> _Task to carry out_:
Below are the entries; output exactly the lines from the one containing "load (File.object j) = load_fields j" through the final line, inclusive.

[Stored data entries]

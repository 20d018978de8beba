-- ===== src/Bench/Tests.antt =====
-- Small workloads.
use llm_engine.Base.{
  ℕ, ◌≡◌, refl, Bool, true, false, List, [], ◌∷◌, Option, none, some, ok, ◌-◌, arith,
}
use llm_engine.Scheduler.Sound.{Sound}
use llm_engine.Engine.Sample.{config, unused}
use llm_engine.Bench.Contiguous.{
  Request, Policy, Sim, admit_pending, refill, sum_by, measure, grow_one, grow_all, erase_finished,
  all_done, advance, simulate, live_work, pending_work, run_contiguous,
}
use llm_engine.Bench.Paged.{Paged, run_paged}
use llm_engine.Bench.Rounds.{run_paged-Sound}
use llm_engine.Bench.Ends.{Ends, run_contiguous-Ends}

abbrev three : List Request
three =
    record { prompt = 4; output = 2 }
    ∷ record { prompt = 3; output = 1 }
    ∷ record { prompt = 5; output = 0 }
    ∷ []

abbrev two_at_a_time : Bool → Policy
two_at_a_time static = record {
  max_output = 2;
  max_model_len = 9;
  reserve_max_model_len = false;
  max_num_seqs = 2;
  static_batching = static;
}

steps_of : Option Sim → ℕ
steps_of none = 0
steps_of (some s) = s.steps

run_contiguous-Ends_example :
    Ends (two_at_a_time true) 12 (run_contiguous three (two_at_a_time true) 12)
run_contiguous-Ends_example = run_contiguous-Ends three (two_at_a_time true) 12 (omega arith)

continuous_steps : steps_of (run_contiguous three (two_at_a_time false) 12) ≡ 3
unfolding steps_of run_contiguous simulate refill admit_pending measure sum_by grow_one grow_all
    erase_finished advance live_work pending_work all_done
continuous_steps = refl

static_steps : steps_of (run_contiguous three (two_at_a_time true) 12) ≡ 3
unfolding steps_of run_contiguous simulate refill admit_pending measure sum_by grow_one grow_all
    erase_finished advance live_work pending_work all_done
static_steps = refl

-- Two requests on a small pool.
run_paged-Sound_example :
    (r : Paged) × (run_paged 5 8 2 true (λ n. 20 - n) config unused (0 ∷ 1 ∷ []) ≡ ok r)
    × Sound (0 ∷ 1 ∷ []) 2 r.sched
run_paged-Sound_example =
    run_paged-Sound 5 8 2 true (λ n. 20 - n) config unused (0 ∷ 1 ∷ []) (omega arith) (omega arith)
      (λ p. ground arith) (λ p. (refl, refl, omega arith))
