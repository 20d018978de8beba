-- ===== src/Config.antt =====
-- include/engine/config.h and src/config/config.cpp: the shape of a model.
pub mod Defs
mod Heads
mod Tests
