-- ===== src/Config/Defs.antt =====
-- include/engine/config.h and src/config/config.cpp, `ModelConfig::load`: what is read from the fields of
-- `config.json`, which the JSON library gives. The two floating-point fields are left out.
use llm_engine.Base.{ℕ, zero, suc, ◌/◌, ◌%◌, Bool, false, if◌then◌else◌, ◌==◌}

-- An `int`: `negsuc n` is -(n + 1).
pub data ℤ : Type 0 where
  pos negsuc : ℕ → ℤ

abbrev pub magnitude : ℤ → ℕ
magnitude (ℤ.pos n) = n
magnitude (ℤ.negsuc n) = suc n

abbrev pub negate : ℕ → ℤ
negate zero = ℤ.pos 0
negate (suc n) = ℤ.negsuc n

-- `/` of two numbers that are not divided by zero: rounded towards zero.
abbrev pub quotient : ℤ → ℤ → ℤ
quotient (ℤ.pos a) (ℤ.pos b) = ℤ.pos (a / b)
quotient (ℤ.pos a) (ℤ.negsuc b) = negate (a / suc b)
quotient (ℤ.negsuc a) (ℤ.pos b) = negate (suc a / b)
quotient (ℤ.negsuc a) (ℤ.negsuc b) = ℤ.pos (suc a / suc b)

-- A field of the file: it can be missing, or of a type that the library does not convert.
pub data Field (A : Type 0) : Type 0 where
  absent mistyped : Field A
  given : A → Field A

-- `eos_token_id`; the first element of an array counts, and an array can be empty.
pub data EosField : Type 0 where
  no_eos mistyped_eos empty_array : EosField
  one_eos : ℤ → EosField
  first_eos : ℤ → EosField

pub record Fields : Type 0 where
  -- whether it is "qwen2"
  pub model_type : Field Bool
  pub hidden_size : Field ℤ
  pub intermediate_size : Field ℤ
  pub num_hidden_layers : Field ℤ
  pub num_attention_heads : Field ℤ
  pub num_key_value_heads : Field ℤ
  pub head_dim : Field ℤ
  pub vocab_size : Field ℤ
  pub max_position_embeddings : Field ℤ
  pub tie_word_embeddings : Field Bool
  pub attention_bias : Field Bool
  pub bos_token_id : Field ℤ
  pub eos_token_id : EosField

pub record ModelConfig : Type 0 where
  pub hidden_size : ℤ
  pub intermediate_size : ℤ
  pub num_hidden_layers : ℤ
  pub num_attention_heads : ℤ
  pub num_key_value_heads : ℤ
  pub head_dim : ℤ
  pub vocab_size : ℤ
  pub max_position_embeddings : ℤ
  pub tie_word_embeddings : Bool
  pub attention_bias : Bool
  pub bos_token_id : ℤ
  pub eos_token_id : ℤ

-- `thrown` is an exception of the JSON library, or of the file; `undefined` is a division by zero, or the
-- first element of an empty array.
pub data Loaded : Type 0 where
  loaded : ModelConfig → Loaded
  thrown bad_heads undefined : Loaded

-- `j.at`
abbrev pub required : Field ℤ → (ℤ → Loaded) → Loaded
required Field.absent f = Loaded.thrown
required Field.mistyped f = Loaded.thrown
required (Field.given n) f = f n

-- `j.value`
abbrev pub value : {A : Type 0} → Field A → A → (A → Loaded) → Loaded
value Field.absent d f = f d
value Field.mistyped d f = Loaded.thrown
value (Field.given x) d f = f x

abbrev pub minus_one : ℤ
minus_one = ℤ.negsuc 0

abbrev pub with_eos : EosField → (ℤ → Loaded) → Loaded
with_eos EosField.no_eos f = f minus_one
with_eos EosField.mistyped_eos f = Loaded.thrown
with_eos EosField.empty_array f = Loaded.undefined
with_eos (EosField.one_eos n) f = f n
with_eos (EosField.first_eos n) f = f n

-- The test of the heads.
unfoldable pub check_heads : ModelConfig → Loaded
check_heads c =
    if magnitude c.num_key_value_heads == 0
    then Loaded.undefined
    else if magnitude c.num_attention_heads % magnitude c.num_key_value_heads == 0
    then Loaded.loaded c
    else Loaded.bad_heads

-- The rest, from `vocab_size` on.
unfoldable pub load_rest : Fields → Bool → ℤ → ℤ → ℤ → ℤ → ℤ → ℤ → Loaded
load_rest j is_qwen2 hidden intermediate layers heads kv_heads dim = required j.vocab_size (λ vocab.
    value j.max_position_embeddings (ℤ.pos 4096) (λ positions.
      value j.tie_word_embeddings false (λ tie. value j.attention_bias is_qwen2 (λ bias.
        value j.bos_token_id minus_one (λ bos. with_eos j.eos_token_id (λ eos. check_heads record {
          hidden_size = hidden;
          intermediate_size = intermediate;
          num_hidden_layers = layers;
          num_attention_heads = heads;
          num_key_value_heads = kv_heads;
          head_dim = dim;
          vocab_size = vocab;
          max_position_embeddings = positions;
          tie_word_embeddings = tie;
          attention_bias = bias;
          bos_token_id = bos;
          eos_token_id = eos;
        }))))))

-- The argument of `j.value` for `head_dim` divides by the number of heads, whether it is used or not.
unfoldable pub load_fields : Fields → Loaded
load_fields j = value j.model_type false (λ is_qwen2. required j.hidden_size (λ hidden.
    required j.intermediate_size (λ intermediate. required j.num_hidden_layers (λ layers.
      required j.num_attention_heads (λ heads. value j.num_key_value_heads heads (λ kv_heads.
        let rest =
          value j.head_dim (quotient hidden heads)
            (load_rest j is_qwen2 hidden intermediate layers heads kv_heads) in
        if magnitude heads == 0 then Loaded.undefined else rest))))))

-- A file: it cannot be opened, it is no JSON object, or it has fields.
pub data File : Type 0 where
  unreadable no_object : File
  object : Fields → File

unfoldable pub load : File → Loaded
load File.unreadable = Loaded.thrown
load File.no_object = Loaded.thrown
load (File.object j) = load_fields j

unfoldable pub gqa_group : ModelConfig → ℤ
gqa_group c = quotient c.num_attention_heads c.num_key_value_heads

> _Result of this exercise_:
load (File.object j) = load_fields j

unfoldable pub gqa_group : ModelConfig → ℤ
gqa_group c = quotient c.num_attention_heads c.num_key_value_heads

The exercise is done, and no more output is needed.